■ **Assigned task**: Lines in the data below that contain the word "PutSortableFloat" are to be copied.

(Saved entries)
-- ===== src/Numeric/Float.antt =====
-- numeric/float64.go: floating-point numbers as the values of tokens.
use textiplex.Prelude.{
  ℕ, ◌+◌, ◌-◌, ◌^◌, ◌<◌, ◌≡◌, sym, ap, ◌∙◌, compare, Ordering, leb, if◌then◌else◌, arith,
}
use textiplex.Bytes.{Bytes, compare_bytes}
use textiplex.Numeric.{put_uint, read_uint, above_lem, compare-put_uint, read_uint-put_uint}

-- `PutSortableFloat` of numeric/float64.go, on the bits of the number: those of a negative one are
-- all flipped.
unfoldable pub put_sortable_float : ℕ → Bytes
put_sortable_float bits =
    put_uint 8 (if leb (2 ^ 63) bits then 2 ^ 64 - 1 - bits else bits + 2 ^ 63)

unfoldable pub decode_float : Bytes → ℕ
decode_float src =
    let bits = read_uint 0 src in if leb (2 ^ 63) bits then bits - 2 ^ 63 else 2 ^ 64 - 1 - bits

-- The order of two numbers by the sign in their highest bit, and by what is below it.
unfoldable pub compare_bits : ℕ → ℕ → Ordering
compare_bits a b =
    if leb (2 ^ 63) a
    then (if leb (2 ^ 63) b then compare b a else Ordering.lt)
    else (if leb (2 ^ 63) b then Ordering.gt else compare a b)

sortable : ℕ → ℕ
sortable bits = if leb (2 ^ 63) bits then 2 ^ 64 - 1 - bits else bits + 2 ^ 63

sortable-lt : (bits : ℕ) → bits < 2 ^ 64 → sortable bits < 2 ^ 64
unfolding sortable
sortable-lt bits h = ground (arith, h)

-- `DecodeFloat` of the bytes that `PutSortableFloat` writes has the bits of the number, for
-- all 64 bits.
pub decode_float-put_sortable_float :
    (bits : ℕ) → bits < 2 ^ 64 → decode_float (put_sortable_float bits) ≡ bits
unfolding decode_float put_sortable_float sortable
decode_float-put_sortable_float bits h =
    ap (λ u. if leb (2 ^ 63) u then u - 2 ^ 63 else 2 ^ 64 - 1 - u)
      (read_uint-put_uint 8 (sortable bits) (above_lem _ (sortable-lt bits h)))
    ∙ restored bits h
  where
    restored :
        (bits : ℕ)
        → bits < 2 ^ 64
        → (if leb (2 ^ 63) (sortable bits)
            then sortable bits - 2 ^ 63
            else 2 ^ 64 - 1 - sortable bits)
          ≡ bits
    restored bits h = ground (arith, h)

compare-sortable :
    (a b : ℕ) → a < 2 ^ 64 → b < 2 ^ 64 → compare (sortable a) (sortable b) ≡ compare_bits a b
unfolding sortable compare_bits
compare-sortable a b h k = ground (arith, h, k)

-- The bytes that `PutSortableFloat` writes for two numbers of 64 bits are in the order of the
-- signs, within a sign that of the lower bits, and for negative numbers the opposite of it.
pub compare_bytes-put_sortable_float :
    (a b : ℕ)
    → a < 2 ^ 64
    → b < 2 ^ 64
    → compare_bytes (put_sortable_float a) (put_sortable_float b) ≡ compare_bits a b
unfolding put_sortable_float sortable
compare_bytes-put_sortable_float a b h k =
    compare-put_uint 8 (sortable a) (sortable b)
      (above_lem _ (sortable-lt a h) ∙ sym (above_lem _ (sortable-lt b k)))
    ∙ compare-sortable a b h k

■ **Exercise response**:
-- `PutSortableFloat` of numeric/float64.go, on the bits of the number: those of a negative one are
-- `DecodeFloat` of the bytes that `PutSortableFloat` writes has the bits of the number, for
-- The bytes that `PutSortableFloat` writes for two numbers of 64 bits are in the order of the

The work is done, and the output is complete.